*YOUR GOAL*. Please give back only the lines below from the one containing "repository 1ac3c91298bb96ef" to the one containing "flagged_node = record", each repeated word for word, both ends included.

*DATA RECORDS*.

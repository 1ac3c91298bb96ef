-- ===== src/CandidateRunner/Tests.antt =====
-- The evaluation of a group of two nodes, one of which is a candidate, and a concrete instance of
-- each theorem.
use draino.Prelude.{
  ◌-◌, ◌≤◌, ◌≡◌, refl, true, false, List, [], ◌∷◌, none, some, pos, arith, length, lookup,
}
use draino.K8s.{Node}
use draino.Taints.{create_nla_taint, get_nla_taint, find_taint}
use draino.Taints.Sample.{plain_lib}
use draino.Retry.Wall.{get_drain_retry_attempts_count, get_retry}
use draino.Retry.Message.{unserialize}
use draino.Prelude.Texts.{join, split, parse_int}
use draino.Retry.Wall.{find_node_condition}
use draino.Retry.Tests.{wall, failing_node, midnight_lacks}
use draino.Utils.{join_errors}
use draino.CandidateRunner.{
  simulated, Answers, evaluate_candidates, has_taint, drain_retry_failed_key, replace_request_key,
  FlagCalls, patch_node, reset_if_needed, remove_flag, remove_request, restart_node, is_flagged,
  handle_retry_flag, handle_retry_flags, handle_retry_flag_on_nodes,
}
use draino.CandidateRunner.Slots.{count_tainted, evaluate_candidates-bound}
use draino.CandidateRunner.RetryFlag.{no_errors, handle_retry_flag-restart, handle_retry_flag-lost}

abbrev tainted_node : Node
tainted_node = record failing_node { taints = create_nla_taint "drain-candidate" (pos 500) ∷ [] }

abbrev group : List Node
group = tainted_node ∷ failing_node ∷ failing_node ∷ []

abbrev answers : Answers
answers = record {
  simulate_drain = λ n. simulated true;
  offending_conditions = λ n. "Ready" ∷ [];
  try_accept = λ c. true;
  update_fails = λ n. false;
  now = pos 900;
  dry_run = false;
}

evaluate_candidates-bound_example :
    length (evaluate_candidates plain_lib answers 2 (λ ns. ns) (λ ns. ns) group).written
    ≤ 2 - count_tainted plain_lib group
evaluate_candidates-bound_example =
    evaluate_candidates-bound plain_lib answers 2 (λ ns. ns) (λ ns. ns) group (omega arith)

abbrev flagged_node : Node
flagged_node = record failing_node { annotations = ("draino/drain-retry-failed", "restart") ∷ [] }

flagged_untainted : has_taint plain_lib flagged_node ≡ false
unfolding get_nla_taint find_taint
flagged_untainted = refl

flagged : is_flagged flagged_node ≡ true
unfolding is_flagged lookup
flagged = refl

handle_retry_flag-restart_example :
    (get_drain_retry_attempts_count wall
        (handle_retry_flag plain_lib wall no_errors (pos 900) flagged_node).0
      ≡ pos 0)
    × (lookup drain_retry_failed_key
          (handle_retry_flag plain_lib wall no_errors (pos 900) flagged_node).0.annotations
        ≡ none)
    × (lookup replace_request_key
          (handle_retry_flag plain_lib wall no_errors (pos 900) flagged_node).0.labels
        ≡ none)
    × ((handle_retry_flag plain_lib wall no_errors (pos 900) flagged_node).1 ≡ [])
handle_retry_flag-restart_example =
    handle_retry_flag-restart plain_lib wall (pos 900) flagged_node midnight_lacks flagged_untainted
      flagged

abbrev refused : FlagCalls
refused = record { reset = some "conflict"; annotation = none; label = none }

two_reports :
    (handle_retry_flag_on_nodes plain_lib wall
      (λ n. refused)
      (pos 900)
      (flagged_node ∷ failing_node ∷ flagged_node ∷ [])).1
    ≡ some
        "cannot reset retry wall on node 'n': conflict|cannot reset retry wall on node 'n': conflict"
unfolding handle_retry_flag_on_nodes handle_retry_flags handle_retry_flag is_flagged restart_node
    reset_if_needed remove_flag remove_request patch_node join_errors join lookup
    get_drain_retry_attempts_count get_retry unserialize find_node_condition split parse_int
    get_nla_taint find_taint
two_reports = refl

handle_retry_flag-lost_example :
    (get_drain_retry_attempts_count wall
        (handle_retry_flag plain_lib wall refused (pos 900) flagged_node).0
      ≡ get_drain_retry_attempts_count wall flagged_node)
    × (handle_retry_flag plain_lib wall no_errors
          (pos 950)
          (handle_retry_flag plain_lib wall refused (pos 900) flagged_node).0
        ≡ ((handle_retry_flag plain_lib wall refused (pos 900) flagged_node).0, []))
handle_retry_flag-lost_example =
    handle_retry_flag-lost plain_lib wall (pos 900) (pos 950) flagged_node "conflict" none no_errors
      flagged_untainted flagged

* * *

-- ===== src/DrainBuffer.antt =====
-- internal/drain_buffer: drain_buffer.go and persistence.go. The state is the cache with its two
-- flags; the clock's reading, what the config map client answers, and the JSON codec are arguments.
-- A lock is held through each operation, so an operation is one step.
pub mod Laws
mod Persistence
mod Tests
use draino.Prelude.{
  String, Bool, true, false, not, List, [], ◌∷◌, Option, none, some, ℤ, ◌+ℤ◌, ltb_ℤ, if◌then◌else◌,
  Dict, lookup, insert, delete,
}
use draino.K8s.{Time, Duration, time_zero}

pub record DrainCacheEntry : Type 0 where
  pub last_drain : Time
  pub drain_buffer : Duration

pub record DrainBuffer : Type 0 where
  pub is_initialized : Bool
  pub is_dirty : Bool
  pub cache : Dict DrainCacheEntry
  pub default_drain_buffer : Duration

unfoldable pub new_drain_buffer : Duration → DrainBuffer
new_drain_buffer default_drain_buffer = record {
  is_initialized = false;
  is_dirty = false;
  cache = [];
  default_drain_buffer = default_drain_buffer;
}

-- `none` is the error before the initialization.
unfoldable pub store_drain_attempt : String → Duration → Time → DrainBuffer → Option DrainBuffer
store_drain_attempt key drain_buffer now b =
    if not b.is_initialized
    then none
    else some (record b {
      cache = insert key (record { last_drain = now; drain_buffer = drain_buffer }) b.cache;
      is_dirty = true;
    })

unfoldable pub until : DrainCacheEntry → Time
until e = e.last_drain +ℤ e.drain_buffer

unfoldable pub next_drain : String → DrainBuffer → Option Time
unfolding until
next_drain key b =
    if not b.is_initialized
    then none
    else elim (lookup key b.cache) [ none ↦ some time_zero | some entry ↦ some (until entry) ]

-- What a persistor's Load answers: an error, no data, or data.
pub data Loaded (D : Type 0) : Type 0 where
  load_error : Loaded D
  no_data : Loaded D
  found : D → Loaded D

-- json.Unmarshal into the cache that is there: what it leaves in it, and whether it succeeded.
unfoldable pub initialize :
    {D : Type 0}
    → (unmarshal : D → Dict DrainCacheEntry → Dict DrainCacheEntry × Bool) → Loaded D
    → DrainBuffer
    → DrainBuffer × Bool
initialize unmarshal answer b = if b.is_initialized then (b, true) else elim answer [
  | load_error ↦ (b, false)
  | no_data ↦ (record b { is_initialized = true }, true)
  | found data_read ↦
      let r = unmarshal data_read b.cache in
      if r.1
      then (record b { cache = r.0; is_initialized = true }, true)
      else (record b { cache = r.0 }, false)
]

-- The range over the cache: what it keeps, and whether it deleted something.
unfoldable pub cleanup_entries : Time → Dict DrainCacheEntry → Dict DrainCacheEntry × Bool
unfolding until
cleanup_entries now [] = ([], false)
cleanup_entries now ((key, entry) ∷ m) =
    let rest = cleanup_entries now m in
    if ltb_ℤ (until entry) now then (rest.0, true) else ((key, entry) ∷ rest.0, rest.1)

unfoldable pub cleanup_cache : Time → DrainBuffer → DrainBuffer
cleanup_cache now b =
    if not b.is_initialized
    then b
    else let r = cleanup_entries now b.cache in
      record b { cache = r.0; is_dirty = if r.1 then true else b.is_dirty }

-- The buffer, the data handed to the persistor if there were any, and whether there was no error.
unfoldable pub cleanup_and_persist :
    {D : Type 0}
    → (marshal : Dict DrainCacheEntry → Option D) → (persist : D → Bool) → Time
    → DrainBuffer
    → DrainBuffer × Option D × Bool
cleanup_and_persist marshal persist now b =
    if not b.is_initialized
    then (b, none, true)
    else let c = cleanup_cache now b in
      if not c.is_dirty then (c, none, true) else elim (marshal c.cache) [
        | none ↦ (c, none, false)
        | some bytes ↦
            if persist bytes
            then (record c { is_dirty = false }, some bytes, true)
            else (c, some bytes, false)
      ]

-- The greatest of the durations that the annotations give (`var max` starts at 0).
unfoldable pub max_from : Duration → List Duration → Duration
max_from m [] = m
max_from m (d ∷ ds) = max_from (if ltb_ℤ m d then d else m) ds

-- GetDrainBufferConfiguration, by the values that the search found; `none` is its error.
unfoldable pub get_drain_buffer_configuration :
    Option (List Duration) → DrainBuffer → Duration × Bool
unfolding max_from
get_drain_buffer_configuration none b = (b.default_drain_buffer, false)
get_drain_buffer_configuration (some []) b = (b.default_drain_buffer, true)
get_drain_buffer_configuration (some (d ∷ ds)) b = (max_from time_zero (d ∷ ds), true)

...

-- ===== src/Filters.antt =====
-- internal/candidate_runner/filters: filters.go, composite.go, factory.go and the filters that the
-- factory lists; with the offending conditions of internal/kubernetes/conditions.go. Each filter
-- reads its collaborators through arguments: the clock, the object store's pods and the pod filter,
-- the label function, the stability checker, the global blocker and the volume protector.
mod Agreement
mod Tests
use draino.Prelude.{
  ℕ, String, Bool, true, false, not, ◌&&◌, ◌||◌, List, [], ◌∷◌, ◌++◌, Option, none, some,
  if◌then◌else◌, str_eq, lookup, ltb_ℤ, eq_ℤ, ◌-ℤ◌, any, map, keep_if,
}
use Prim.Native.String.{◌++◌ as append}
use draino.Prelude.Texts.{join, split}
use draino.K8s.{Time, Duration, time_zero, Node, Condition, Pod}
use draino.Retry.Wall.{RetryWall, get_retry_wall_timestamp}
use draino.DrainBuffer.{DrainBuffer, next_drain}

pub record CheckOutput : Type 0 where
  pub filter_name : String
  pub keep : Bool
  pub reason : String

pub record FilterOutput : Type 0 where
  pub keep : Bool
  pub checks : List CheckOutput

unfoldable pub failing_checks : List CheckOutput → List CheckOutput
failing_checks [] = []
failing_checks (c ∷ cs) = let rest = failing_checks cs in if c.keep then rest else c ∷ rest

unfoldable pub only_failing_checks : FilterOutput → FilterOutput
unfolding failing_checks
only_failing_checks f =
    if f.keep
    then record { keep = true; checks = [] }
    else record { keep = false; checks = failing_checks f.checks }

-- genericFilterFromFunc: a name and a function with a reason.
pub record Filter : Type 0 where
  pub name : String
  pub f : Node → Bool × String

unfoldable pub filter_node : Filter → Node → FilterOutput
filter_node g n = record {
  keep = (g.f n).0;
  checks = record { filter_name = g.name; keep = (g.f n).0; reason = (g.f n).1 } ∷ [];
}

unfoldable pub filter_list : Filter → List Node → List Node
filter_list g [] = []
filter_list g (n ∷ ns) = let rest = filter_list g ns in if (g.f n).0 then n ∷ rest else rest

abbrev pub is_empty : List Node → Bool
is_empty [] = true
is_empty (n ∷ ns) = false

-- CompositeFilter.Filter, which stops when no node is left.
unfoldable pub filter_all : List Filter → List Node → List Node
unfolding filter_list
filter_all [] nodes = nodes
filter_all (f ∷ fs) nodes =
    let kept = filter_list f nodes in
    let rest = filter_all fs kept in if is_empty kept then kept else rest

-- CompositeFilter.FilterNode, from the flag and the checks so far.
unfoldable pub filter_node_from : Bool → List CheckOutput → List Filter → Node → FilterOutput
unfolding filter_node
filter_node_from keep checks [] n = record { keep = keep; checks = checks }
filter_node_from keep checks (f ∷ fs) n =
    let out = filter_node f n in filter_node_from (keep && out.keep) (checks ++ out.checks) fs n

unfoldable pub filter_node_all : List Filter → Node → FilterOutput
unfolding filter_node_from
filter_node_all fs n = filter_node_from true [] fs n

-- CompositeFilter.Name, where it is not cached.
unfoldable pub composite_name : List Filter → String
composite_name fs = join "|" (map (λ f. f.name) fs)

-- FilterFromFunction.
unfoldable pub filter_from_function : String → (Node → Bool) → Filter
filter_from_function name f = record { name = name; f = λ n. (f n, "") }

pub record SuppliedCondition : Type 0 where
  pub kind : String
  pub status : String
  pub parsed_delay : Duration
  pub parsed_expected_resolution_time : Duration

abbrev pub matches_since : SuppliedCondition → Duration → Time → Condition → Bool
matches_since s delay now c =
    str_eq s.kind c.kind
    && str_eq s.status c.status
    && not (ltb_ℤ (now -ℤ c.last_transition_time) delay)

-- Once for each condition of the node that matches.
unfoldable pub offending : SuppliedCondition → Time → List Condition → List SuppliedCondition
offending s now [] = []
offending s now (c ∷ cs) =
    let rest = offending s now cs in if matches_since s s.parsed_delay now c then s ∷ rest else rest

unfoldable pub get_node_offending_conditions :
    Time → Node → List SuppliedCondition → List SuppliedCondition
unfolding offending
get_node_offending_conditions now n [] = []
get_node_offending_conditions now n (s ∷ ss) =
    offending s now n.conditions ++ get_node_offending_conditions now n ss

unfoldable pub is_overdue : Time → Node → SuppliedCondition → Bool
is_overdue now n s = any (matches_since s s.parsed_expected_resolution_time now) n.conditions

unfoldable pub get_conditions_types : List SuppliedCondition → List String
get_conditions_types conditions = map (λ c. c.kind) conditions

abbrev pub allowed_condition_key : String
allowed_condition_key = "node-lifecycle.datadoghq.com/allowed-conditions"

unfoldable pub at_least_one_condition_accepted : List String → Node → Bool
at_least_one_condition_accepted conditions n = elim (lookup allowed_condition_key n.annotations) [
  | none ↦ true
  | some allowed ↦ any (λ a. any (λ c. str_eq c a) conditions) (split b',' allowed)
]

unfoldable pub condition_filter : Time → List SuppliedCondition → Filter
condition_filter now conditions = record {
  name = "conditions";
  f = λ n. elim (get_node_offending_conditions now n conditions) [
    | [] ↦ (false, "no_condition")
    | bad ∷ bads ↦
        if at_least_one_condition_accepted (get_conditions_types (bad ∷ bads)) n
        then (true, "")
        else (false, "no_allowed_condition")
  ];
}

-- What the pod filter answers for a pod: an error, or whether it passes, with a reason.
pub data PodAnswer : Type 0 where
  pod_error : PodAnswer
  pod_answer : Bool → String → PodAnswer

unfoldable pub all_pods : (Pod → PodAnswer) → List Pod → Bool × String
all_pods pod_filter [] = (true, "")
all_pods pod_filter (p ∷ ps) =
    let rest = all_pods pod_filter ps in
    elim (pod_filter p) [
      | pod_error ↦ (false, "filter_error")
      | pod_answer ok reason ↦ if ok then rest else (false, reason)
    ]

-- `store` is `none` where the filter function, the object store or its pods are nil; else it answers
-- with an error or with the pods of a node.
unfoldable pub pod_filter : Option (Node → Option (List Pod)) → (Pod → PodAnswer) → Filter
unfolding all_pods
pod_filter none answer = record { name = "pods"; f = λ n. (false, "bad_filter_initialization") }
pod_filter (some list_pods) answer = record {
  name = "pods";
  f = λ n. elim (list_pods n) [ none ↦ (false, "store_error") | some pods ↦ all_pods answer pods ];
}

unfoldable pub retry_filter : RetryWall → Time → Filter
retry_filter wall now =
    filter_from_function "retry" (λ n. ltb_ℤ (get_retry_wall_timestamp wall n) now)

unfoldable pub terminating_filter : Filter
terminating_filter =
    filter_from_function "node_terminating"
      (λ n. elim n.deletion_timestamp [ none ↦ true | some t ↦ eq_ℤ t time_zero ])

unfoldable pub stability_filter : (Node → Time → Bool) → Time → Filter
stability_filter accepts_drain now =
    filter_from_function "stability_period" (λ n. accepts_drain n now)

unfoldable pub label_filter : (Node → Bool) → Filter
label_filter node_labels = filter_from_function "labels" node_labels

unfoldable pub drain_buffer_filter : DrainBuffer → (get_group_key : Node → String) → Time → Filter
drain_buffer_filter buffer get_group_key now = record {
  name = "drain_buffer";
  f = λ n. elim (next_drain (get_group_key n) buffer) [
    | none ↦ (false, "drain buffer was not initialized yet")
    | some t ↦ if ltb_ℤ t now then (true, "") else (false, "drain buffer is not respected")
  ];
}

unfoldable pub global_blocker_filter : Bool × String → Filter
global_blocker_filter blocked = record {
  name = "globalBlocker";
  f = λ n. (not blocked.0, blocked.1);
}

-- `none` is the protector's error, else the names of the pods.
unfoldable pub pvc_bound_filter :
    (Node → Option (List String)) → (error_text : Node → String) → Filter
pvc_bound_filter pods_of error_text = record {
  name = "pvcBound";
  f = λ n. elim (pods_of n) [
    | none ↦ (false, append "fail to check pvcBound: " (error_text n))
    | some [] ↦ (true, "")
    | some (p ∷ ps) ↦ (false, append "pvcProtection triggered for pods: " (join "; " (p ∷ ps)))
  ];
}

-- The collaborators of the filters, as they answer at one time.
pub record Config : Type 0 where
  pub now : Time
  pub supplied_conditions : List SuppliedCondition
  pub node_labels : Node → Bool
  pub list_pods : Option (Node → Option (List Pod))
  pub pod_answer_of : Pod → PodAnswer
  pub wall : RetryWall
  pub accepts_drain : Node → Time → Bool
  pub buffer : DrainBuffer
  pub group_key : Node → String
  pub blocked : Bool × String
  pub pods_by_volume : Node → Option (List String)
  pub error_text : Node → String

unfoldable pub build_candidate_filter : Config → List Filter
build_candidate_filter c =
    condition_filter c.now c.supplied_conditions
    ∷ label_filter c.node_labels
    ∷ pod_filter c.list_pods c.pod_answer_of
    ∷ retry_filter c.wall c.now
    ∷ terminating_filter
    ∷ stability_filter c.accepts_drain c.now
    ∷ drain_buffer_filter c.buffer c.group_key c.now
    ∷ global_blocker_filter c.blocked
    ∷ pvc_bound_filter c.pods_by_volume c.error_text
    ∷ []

*ANSWER SPACE*.
repository 1ac3c91298bb96ef
-- ===== src/CandidateRunner/Tests.antt =====
-- The evaluation of a group of two nodes, one of which is a candidate, and a concrete instance of
-- each theorem.
use draino.Prelude.{
  ◌-◌, ◌≤◌, ◌≡◌, refl, true, false, List, [], ◌∷◌, none, some, pos, arith, length, lookup,
}
use draino.K8s.{Node}
use draino.Taints.{create_nla_taint, get_nla_taint, find_taint}
use draino.Taints.Sample.{plain_lib}
use draino.Retry.Wall.{get_drain_retry_attempts_count, get_retry}
use draino.Retry.Message.{unserialize}
use draino.Prelude.Texts.{join, split, parse_int}
use draino.Retry.Wall.{find_node_condition}
use draino.Retry.Tests.{wall, failing_node, midnight_lacks}
use draino.Utils.{join_errors}
use draino.CandidateRunner.{
  simulated, Answers, evaluate_candidates, has_taint, drain_retry_failed_key, replace_request_key,
  FlagCalls, patch_node, reset_if_needed, remove_flag, remove_request, restart_node, is_flagged,
  handle_retry_flag, handle_retry_flags, handle_retry_flag_on_nodes,
}
use draino.CandidateRunner.Slots.{count_tainted, evaluate_candidates-bound}
use draino.CandidateRunner.RetryFlag.{no_errors, handle_retry_flag-restart, handle_retry_flag-lost}

abbrev tainted_node : Node
tainted_node = record failing_node { taints = create_nla_taint "drain-candidate" (pos 500) ∷ [] }

abbrev group : List Node
group = tainted_node ∷ failing_node ∷ failing_node ∷ []

abbrev answers : Answers
answers = record {
  simulate_drain = λ n. simulated true;
  offending_conditions = λ n. "Ready" ∷ [];
  try_accept = λ c. true;
  update_fails = λ n. false;
  now = pos 900;
  dry_run = false;
}

evaluate_candidates-bound_example :
    length (evaluate_candidates plain_lib answers 2 (λ ns. ns) (λ ns. ns) group).written
    ≤ 2 - count_tainted plain_lib group
evaluate_candidates-bound_example =
    evaluate_candidates-bound plain_lib answers 2 (λ ns. ns) (λ ns. ns) group (omega arith)

abbrev flagged_node : Node
flagged_node = record failing_node { annotations = ("draino/drain-retry-failed", "restart") ∷ [] }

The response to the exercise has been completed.